Below are records; copy every line in them that holds the word "Insert".

-- Data under study --
■ ■ ■ ■ ■ ■ ■
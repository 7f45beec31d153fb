-- ===== src/Rbtree/Delete/Shape.antt =====
-- `rb_delete` on a red-black tree.
use javalette.Rbtree.Insert.Shape.{At-root, reserve-IsRedBlack, reserve_keeps}
use javalette.Prelude.{
  ℕ, suc, ◌+◌, ◌*◌, ◌<◌, ◌≡◌, refl, sym, ◌∙◌, ap, List, [], ◌∷◌, ◌++◌, length, arith, Returns,
  Returns-bind, Returns-assert, length-append,
}
use javalette.Rbtree.{
  Color, red, black, Node, nil, node, Frame, from_left, from_right, color, paint, Rbtree, RbPair,
}
use javalette.Rbtree.Balance.{
  IsBalanced, height, Fits, outer, top_color, Allows, weight, IsRedBlack,
}
use javalette.Rbtree.Insert.Balanced.{Built, Allows-black, Built-plug}
use javalette.Rbtree.Insert.Walks.{At, At-left, At-right, Arrived, locate-Arrived}
use javalette.Rbtree.Delete.{unlink, successor, delete_node, delete_at, delete, reserve}
use javalette.Rbtree.Delete.Balanced.{delete_fixup-Built, rounds}

module _ {ℓ} {K : Type ℓ} where
  rounds_start : (c : Color) (fs : List (Frame K)) → rounds c fs < length fs * 3 + 5
  rounds_start red fs = omega arith
  rounds_start black [] = omega arith
  rounds_start black (from_left red k r ∷ fs) = omega arith
  rounds_start black (from_left black k r ∷ fs) = omega arith
  rounds_start black (from_right red l k ∷ fs) = omega arith
  rounds_start black (from_right black l k ∷ fs) = omega arith

  -- A node with one child at most is taken out; `w` is that child, or `nil`.
  unlink-Built :
      (bh : ℕ) (c : Color) (w : Node K) (fs : List (Frame K))
      → IsBalanced w
      → IsBalanced (paint black w)
      → Allows c (color w)
      → Fits (height w + weight c) fs
      → Allows (top_color fs) c
      → bh ≡ outer (height w + weight c) fs
      → Returns Built (unlink bh c w fs)
  unfolding unlink
  unlink-Built bh red w fs b b' a f t o =
      Built-plug bh (height w + 0) w fs b (omega arith) f (rw a (Allows-black (top_color fs))) o
  unlink-Built bh black w fs b b' a f t o =
      delete_fixup-Built (length fs * 3 + 5) bh (height w + 1) w fs (rounds_start (color w) fs) b'
        refl f o

  paint-IsBalanced : (w : Node K) → IsBalanced w → IsBalanced (paint black w)
  paint-IsBalanced nil b = tt
  paint-IsBalanced (node c l k r) b = (b.0, b.1, b.2, tt, tt)

  -- The shape of a stack does not depend on a key in it.
  Fits-rekey :
      (h : ℕ) (above : List (Frame K)) (c : Color) (l : Node K) (k k' : K) (stack : List (Frame K))
      → Fits h (above ++ (from_right c l k ∷ stack))
      → Fits h (above ++ (from_right c l k' ∷ stack))
        × (outer h (above ++ (from_right c l k' ∷ stack))
            ≡ outer h (above ++ (from_right c l k ∷ stack)))
        × (length (above ++ (from_right c l k' ∷ stack))
            ≡ length (above ++ (from_right c l k ∷ stack)))
        × (top_color (above ++ (from_right c l k' ∷ stack))
            ≡ top_color (above ++ (from_right c l k ∷ stack)))
  Fits-rekey h [] c l k k' stack f = (f, refl, refl, refl)
  Fits-rekey h (from_left d j r ∷ above) c l k k' stack f =
      let g = Fits-rekey (h + weight d) above c l k k' stack f.4 in
      ((f.0, f.1, f.2, rw g.3 f.3, g.0), g.1, ap suc g.2, refl)
  Fits-rekey h (from_right d r j ∷ above) c l k k' stack f =
      let g = Fits-rekey (h + weight d) above c l k k' stack f.4 in
      ((f.0, f.1, f.2, rw g.3 f.3, g.0), g.1, ap suc g.2, refl)

  At-rekey :
      (bh : ℕ) (z : Node K) (above : List (Frame K)) (c : Color) (l : Node K) (k k' : K)
      (stack : List (Frame K))
      → At bh z (above ++ (from_right c l k ∷ stack))
      → At bh z (above ++ (from_right c l k' ∷ stack))
  At-rekey bh z above c l k k' stack a =
      let g = Fits-rekey (height z) above c l k k' stack a.fits in
      record {
        balanced = a.balanced;
        fits = g.0;
        allowed = rw g.3 a.allowed;
        inside = g.1 ∙ a.inside;
        room = rw g.2 a.room;
      }

  -- What the walk to the least node of the right subtree ends at.
  abbrev Found : ℕ → List (Frame K) → Color × K × Node K × List (Frame K) → Type 0
  Found bh fs (yc, yk, w, above) = At bh (node yc nil yk w) (above ++ fs)

  successor-Found :
      (bh : ℕ) (c : Color) (l : Node K) (k : K) (r : Node K) (above fs : List (Frame K))
      → At bh (node c l k r) (above ++ fs)
      → Returns (Found bh fs) (successor bh (length fs) c l k r above)
  unfolding successor
  successor-Found bh c nil k r above fs a = a
  successor-Found bh c (node lc ll lk lr) k r above fs a =
      let down = At-left a in
      Returns-assert (Found bh fs) _ _ (rw length-append at down.0)
        (successor-Found bh lc ll lk lr (from_left c k r ∷ above) fs down.1)

  -- With one child at most.
  unlink_one :
      (bh : ℕ) (c : Color) (l : Node K) (k : K) (r w : Node K) (stack : List (Frame K))
      → At bh (node c l k r) stack
      → IsBalanced w
      → height w ≡ height l
      → Allows c (color w)
      → Returns Built (unlink bh c w stack)
  unlink_one bh c l k r w stack a b e al =
      unlink-Built bh c w stack b (paint-IsBalanced w b) al (rw e a.fits) a.allowed
        (rw e (sym a.inside))

  delete_node-Built :
      (bh : ℕ) (c : Color) (l : Node K) (k : K) (r : Node K) (stack : List (Frame K))
      → At bh (node c l k r) stack
      → Returns Built (delete_node bh c l k r stack)
  unfolding delete_node
  delete_node-Built bh c l k nil stack a =
      unlink_one bh c l k nil l stack a a.balanced.0 refl a.balanced.3
  delete_node-Built bh c nil k (node rc rl rk rr) stack a =
      unlink_one bh c nil k (node rc rl rk rr) (node rc rl rk rr) stack a a.balanced.1
        (sym a.balanced.2) a.balanced.4
  delete_node-Built bh c (node lc ll lk lr) k (node rc rl rk rr) stack a =
      Returns-bind (Found bh (from_right c (node lc ll lk lr) k ∷ stack)) Built _ _
        (successor-Found bh rc rl rk rr [] (from_right c (node lc ll lk lr) k ∷ stack)
          (At-right a).1)
        (λ (yc, yk, w, above) f.
          let a' = At-rekey bh (node yc nil yk w) above c (node lc ll lk lr) k yk stack f in
          unlink_one bh yc nil yk w w (above ++ (from_right c (node lc ll lk lr) yk ∷ stack)) a'
            a'.balanced.1 (sym a'.balanced.2) a'.balanced.4)

module _ {ℓ} {K : Type ℓ} ⦃p : RbPair K⦄ where
  pub delete_at-IsRedBlack :
      (t : Rbtree K) (at : Node K × List (Frame K))
      → IsRedBlack t
      → At t.bh at.0 at.1
      → Returns IsRedBlack (delete_at t at)
  delete_at-IsRedBlack t (nil, stack) v a = v
  delete_at-IsRedBlack t (node c l k r, stack) v a =
      Returns-bind Built IsRedBlack _ _ (delete_node-Built t.bh c l k r stack a)
        (λ b h. record { balanced = h.0; black_root = h.1; counted = h.2 })

  -- On a red-black tree `rb_delete` fails no assertion, and the new tree is red-black again.
  pub delete-IsRedBlack : (t : Rbtree K) (x : K) → IsRedBlack t → Returns IsRedBlack (delete t x)
  unfolding delete
  delete-IsRedBlack t x v =
      Returns-bind (Arrived t.bh x t.root) IsRedBlack _ _
        (locate-Arrived t.bh x t.root (At-root t v))
        (λ at a.
          delete_at-IsRedBlack (reserve t) at (reserve-IsRedBlack t v) (rw (reserve_keeps t).0 a.0))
■ ■ ■ ■ ■ ■ ■
-- Answer box --
use javalette.Rbtree.Insert.Shape.{At-root, reserve-IsRedBlack, reserve_keeps}
use javalette.Rbtree.Insert.Balanced.{Built, Allows-black, Built-plug}
use javalette.Rbtree.Insert.Walks.{At, At-left, At-right, Arrived, locate-Arrived}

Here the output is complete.